--- Try it ---
Using the entries that follow, write out the line containing "ack_job-Done : (s", the line containing "(effect, append-nil) h.1)", and every line between them, exactly and nothing else.

--- Data shown ---
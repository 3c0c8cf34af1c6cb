-- ===== src/Worker/Requeue.antt =====
-- src/worker/mod.rs while Redis answers: what one turn of the loop does to the main queue and to
-- the worker's processing list.
use agent_execution_platform.Prelude.{
  ℕ, ◌+◌, ◌≡◌, refl, Bool, true, false, Option, some, List, [], ◌∷◌, ◌++◌, arith, leb,
  if◌then◌else◌, append-nil, Bool-cases, inl, inr,
}
use agent_execution_platform.Prelude.Text.{Text}
use agent_execution_platform.Service.{IsHealthy}
use agent_execution_platform.Types.{ExecutionJob, ExecutionStatus}
use agent_execution_platform.Queue.{
  Redis, max_job_attempts, ack_job, push_to_dlq, enqueue_job, move_to_dlq, dequeue_job,
}
use agent_execution_platform.Queue.Payloads.{Codec}
use agent_execution_platform.Queue.Healthy.{
  enqueue_job_healthy, ack_job_healthy, move_to_dlq_healthy, push_to_dlq_healthy, dequeue_job_empty,
}
use agent_execution_platform.Queue.Order.{Holds, Holds-snoc, dequeue_job-Holds}
use agent_execution_platform.Db.{Database}
use agent_execution_platform.Worker.{
  World, Executed, panicked, returned, error_message, is_revert, fire_webhook, bump,
  re_enqueue_with_bump, settle, process_job, worker_turn,
}

-- A panic, or a failure that is no revert.
abbrev pub is_retry : Executed → Bool
is_retry panicked = true
is_retry (returned r) =
    if r.success then false else if is_revert (error_message r) then false else true

-- The job that a failed attempt puts back: none once the attempts are used up.
abbrev pub retried : ExecutionJob → List ExecutionJob
retried job = if leb max_job_attempts (job.attempt_count + 1) then [] else bump job ∷ []

-- What a turn for `job` puts back behind the jobs that wait.
abbrev pub comes_back : ExecutionJob → Executed → List ExecutionJob
comes_back job outcome =
    if leb max_job_attempts job.attempt_count
    then []
    else if is_retry outcome
    then retried job
    else []

module _ {P S D N : Type 0} (codec : Codec P) (conn : Redis codec S) (pool : Database D) where
  pub fire_webhook-redis :
      (j : ExecutionJob) (status : ExecutionStatus) (h e : Option Text) (w : World S D N)
      → ((fire_webhook codec conn pool j status h e w).redis ≡ w.redis)
        × ((fire_webhook codec conn pool j status h e w).db ≡ w.db)
  unfolding fire_webhook
  fire_webhook-redis j status h e w = ground arith

module _ {P S : Type 0} (codec : Codec P) (conn : Redis codec S) (healthy : IsHealthy conn)
    (wid : ℕ) (own : List P) (p : P) (j : ExecutionJob) (written : codec.to_string j ≡ some p) where
  ack_job-front :
      (s : S)
      → (conn.view s).processing_list wid ≡ p ∷ own
      → ((conn.view (ack_job codec conn j wid s).1).processing_list wid ≡ own)
        × ((conn.view (ack_job codec conn j wid s).1).main_list ≡ (conn.view s).main_list)
  ack_job-front s h =
      let (_, effect) = ack_job_healthy codec conn healthy j wid s written in
      (rw effect (ground (arith, codec.beq_iff p p)), rw effect)

module _ {P S : Type 0} (codec : Codec P) (conn : Redis codec S) (healthy : IsHealthy conn)
    (wid : ℕ) (own : List P) (p : P) (j : ExecutionJob) (js : List ExecutionJob)
    (written : codec.to_string j ≡ some p) where
  -- The job is in hand: its payload is in the processing list and `js` wait.
  abbrev InHand : S → Type 0
  InHand s = ((conn.view s).processing_list wid ≡ p ∷ own) × Holds codec js (conn.view s).main_list

  -- The job is out of the processing list, and `back` has come behind `js`.
  abbrev Done : List ExecutionJob → S → Type 0
  Done back s =
      ((conn.view s).processing_list wid ≡ own) × Holds codec (js ++ back) (conn.view s).main_list

  ack_job-Done : (s : S) → InHand s → Done [] (ack_job codec conn j wid s).1
  ack_job-Done s h =
      let (front, main) = ack_job-front codec conn healthy wid own p j written s h.0 in
      (front, rw (main, append-nil) h.1)

  move_to_dlq-Done : (s : S) → InHand s → Done [] (move_to_dlq codec conn j wid s).1
  move_to_dlq-Done s h =
      let (_, effect) = move_to_dlq_healthy codec conn healthy j wid s written in
      (rw effect (ground (arith, codec.beq_iff p p)), rw (effect, append-nil) h.1)

  push_to_dlq-Done : (k : ExecutionJob) (s : S) → Done [] s → Done [] (push_to_dlq codec conn k s).1
  push_to_dlq-Done k s d =
      let (q, written') = codec.writable k in
      let (_, effect) = push_to_dlq_healthy codec conn healthy k s written' in rw effect d

  enqueue_job-Done :
      (k : ExecutionJob) (s : S) → Done [] s → Done (k ∷ []) (enqueue_job codec conn k s).1
  enqueue_job-Done k s d =
      let (q, written') = codec.writable k in
      let (_, effect) = enqueue_job_healthy codec conn healthy k s written' in
      let waiting = rw append-nil at d.1 in
      rw effect (d.0, Holds-snoc codec js (conn.view s).main_list k q waiting written')

  module _ {D N : Type 0} (pool : Database D) where
    fire_webhook-Done :
        (status : ExecutionStatus) (h e : Option Text) (back : List ExecutionJob) (w : World S D N)
        → Done back w.redis
        → Done back (fire_webhook codec conn pool j status h e w).redis
    fire_webhook-Done status h e back w d =
        rw ((fire_webhook-redis codec conn pool j status h e w).0) d

    re_enqueue_with_bump-Done :
        (w : World S D N)
        → InHand w.redis
        → Done (retried j) (re_enqueue_with_bump codec conn pool j wid w).redis
    unfolding re_enqueue_with_bump
    re_enqueue_with_bump-Done w h = elim (Bool-cases (leb max_job_attempts (j.attempt_count + 1))) [
      | inl last ↦
          rw last
            (fire_webhook-Done _ _ _ [] _ (push_to_dlq-Done (bump j) _ (ack_job-Done w.redis h)))
      | inr more ↦ rw more (enqueue_job-Done (bump j) _ (ack_job-Done w.redis h))
    ]

    settle-Done :
        (outcome : Executed) (w : World S D N)
        → InHand w.redis
        → Done
            (if is_retry outcome then retried j else [])
            (settle codec conn pool j wid outcome w).redis
    unfolding settle
    settle-Done panicked w h = re_enqueue_with_bump-Done w h
    settle-Done (returned r) w h = elim (Bool-cases r.success) [
      | inl success ↦
          rw (success, (fire_webhook-redis codec conn pool j _ _ _ _).0) (ack_job-Done w.redis h)
      | inr failure ↦ elim (Bool-cases (is_revert (error_message r))) [
        | inl back ↦
            rw (failure, back, (fire_webhook-redis codec conn pool j _ _ _ _).0)
              (ack_job-Done w.redis h)
        | inr other ↦ rw (failure, other) (re_enqueue_with_bump-Done w h)
      ]
    ]

    process_job-Done :
        (execute : ExecutionJob → N → Executed × N) (w : World S D N)
        → InHand w.redis
        → Done
            (comes_back j (execute j w.net).0)
            (process_job codec conn pool execute j wid w).redis
    unfolding process_job
    process_job-Done execute w h = elim (Bool-cases (leb max_job_attempts j.attempt_count)) [
      | inl spent ↦
          rw spent (move_to_dlq-Done _ (rw ((fire_webhook-redis codec conn pool j _ _ _ _).0) h))
      | inr left ↦ rw left (settle-Done (execute j w.net).0 _ h)
    ]

module _ {P S D N : Type 0} (codec : Codec P) (conn : Redis codec S) (pool : Database D)
    (execute : ExecutionJob → N → Executed × N) (wid : ℕ) where
  -- While Redis answers, one turn of the loop takes the oldest job off, and puts behind the jobs
  -- that wait what `comes_back` says; the processing list is as it was before the turn.
  pub worker_turn-Holds :
      (j : ExecutionJob) (js : List ExecutionJob) (w : World S D N)
      → IsHealthy conn
      → Holds codec (j ∷ js) (conn.view w.redis).main_list
      → let w' = worker_turn codec conn pool execute wid w in
        Holds codec (js ++ comes_back j (execute j w.net).0) (conn.view w'.redis).main_list
        × ((conn.view w'.redis).processing_list wid ≡ (conn.view w.redis).processing_list wid)
  unfolding worker_turn
  worker_turn-Holds j js w healthy h =
      let (result, waits, (p, written, own), _) =
        dequeue_job-Holds codec conn wid (j ∷ js) w.redis healthy h in
      let d =
        process_job-Done codec conn healthy wid ((conn.view w.redis).processing_list wid) p j js
          written pool execute (record w { redis = (dequeue_job codec conn wid w.redis).1 })
          (own, waits) in
      rw result (d.1, d.0)

  -- On an empty queue a turn changes nothing that the worker can see in Redis.
  pub worker_turn-empty :
      (w : World S D N)
      → IsHealthy conn
      → (conn.view w.redis).main_list ≡ []
      → let w' = worker_turn codec conn pool execute wid w in
        (conn.view w'.redis ≡ conn.view w.redis)
        × (w'.db ≡ w.db)
        × (w'.webhooks ≡ w.webhooks)
        × (w'.net ≡ w.net)
  unfolding worker_turn
  worker_turn-empty w healthy e =
      let (result, same) = dequeue_job_empty codec conn healthy wid w.redis e in
      rw result (same, refl, refl, refl)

--- Output for this exercise ---
  ack_job-Done : (s : S) → InHand s → Done [] (ack_job codec conn j wid s).1
  ack_job-Done s h =
      let (front, main) = ack_job-front codec conn healthy wid own p j written s h.0 in
      (front, rw (main, append-nil) h.1)

  move_to_dlq-Done : (s : S) → InHand s → Done [] (move_to_dlq codec conn j wid s).1
  move_to_dlq-Done s h =
      let (_, effect) = move_to_dlq_healthy codec conn healthy j wid s written in
      (rw effect (ground (arith, codec.beq_iff p p)), rw (effect, append-nil) h.1)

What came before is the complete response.